Where the material below has a line containing "runs = store.runs", start repeating exactly, and keep going through the line containing "unfoldable pub update_run", with no other lines.
RECORDS SHOWN START
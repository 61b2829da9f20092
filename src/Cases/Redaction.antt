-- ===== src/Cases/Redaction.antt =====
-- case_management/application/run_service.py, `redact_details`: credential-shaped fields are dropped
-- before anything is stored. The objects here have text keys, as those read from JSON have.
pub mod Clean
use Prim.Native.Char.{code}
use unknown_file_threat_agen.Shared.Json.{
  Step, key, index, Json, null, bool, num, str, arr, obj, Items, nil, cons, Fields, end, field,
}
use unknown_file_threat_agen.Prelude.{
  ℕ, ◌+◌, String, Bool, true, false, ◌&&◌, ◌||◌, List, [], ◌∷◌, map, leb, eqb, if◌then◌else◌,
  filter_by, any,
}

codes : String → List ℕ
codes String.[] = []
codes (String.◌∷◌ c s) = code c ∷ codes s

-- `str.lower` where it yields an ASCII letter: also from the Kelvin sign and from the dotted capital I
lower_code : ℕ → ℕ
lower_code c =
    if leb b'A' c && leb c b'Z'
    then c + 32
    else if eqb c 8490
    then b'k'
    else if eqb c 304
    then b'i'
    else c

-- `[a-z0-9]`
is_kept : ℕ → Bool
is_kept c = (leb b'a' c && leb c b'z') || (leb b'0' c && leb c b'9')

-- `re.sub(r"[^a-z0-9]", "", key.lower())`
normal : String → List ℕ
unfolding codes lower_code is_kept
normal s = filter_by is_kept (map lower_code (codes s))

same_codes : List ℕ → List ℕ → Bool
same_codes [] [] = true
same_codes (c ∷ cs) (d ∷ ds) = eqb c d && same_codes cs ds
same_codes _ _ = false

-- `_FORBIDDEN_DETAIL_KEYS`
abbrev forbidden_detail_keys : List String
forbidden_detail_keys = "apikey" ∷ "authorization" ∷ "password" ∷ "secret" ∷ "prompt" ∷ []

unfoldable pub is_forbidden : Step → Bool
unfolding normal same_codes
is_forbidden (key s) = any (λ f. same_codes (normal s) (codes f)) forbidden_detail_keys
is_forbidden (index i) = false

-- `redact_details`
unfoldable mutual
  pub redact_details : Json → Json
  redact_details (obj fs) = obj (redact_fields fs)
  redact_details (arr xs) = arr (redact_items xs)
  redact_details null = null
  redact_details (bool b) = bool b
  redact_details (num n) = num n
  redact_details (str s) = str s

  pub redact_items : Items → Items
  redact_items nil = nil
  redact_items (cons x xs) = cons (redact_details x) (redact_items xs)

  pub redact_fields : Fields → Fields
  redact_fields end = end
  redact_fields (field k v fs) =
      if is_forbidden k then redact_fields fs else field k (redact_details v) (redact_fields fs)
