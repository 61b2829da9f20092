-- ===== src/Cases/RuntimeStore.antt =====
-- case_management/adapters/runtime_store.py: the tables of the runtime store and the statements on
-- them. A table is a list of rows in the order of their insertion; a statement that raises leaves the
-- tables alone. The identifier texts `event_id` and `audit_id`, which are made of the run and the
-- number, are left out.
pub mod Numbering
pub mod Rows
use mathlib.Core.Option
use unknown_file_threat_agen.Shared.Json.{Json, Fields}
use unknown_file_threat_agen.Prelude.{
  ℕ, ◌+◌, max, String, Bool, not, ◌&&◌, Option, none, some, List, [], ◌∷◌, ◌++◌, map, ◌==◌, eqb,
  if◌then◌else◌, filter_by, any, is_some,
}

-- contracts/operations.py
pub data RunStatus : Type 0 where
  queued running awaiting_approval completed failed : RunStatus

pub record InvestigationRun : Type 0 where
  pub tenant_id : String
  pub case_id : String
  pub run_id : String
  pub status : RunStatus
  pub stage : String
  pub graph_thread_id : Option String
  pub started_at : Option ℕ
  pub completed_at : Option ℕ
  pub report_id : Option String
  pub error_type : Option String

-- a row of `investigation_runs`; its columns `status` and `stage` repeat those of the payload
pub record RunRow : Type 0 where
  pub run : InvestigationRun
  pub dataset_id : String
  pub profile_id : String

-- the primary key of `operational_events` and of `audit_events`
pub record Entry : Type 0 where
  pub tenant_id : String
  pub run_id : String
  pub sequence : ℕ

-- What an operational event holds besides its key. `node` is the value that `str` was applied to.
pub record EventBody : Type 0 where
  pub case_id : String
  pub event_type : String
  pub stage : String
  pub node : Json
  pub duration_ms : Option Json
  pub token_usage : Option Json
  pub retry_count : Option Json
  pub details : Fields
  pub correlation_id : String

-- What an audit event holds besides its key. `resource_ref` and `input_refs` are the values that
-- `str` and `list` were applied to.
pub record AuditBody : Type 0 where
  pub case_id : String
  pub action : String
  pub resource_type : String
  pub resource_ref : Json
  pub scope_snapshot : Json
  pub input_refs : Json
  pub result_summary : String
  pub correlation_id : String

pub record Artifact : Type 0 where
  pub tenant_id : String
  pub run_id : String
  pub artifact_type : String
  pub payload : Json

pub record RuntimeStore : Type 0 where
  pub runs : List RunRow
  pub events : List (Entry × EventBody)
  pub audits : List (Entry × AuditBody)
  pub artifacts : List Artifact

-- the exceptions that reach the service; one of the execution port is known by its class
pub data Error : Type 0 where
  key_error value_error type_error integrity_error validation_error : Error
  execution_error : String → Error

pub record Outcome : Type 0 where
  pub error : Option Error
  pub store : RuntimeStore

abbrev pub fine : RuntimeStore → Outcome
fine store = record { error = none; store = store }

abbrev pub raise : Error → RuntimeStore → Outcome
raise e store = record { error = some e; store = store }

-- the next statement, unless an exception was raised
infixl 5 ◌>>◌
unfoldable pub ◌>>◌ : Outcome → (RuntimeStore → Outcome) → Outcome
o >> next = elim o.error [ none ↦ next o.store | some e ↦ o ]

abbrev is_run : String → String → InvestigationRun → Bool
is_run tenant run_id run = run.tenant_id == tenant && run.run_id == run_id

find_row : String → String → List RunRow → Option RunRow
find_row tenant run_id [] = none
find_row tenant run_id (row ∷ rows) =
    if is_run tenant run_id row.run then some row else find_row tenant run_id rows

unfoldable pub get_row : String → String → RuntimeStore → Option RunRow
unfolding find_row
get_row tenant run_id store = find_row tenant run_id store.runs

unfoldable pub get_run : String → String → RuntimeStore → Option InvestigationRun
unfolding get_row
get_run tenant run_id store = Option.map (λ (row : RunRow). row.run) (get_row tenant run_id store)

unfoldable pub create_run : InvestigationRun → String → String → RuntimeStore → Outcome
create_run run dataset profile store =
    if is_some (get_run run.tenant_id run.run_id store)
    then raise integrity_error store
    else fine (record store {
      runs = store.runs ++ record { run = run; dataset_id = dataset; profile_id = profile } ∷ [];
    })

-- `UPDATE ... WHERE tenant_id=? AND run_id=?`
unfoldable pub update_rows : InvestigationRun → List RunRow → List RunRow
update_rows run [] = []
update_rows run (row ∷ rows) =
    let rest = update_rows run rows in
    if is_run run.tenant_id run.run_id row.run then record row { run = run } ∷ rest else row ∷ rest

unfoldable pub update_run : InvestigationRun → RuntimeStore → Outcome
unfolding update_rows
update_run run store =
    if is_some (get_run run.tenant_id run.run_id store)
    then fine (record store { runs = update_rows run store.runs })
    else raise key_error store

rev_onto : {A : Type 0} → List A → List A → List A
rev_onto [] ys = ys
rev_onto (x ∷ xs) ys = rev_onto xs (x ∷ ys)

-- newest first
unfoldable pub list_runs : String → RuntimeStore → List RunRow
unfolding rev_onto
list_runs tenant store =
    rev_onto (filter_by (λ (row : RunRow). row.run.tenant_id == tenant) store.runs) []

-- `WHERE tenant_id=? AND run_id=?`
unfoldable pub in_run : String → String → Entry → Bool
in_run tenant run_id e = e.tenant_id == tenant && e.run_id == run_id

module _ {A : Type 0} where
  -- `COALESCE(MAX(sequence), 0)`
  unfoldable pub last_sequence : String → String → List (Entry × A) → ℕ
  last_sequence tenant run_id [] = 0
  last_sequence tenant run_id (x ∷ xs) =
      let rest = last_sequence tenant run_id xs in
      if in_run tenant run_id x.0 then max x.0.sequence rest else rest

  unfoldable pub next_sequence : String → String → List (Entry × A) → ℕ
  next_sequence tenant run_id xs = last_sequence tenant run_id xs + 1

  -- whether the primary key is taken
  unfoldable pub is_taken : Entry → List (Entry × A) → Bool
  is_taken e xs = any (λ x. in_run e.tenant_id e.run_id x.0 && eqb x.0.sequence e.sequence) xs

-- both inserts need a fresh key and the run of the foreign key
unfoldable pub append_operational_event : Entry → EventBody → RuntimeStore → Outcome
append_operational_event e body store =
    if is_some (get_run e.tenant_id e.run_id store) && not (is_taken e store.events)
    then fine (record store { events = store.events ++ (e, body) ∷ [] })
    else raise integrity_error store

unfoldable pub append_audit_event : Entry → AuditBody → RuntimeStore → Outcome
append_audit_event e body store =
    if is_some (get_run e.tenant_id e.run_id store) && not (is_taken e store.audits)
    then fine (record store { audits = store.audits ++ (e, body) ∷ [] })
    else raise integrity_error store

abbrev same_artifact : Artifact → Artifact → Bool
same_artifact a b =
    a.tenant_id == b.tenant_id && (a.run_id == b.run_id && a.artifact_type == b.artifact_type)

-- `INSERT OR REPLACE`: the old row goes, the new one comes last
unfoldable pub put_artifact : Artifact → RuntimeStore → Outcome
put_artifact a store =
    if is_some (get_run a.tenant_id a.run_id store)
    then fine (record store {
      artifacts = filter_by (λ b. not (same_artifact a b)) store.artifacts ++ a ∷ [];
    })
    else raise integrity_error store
RECORDS SHOWN END
OUTPUT OF THE TASK:
      runs = store.runs ++ record { run = run; dataset_id = dataset; profile_id = profile } ∷ [];
    })

-- `UPDATE ... WHERE tenant_id=? AND run_id=?`
unfoldable pub update_rows : InvestigationRun → List RunRow → List RunRow
update_rows run [] = []
update_rows run (row ∷ rows) =
    let rest = update_rows run rows in
    if is_run run.tenant_id run.run_id row.run then record row { run = run } ∷ rest else row ∷ rest

unfoldable pub update_run : InvestigationRun → RuntimeStore → Outcome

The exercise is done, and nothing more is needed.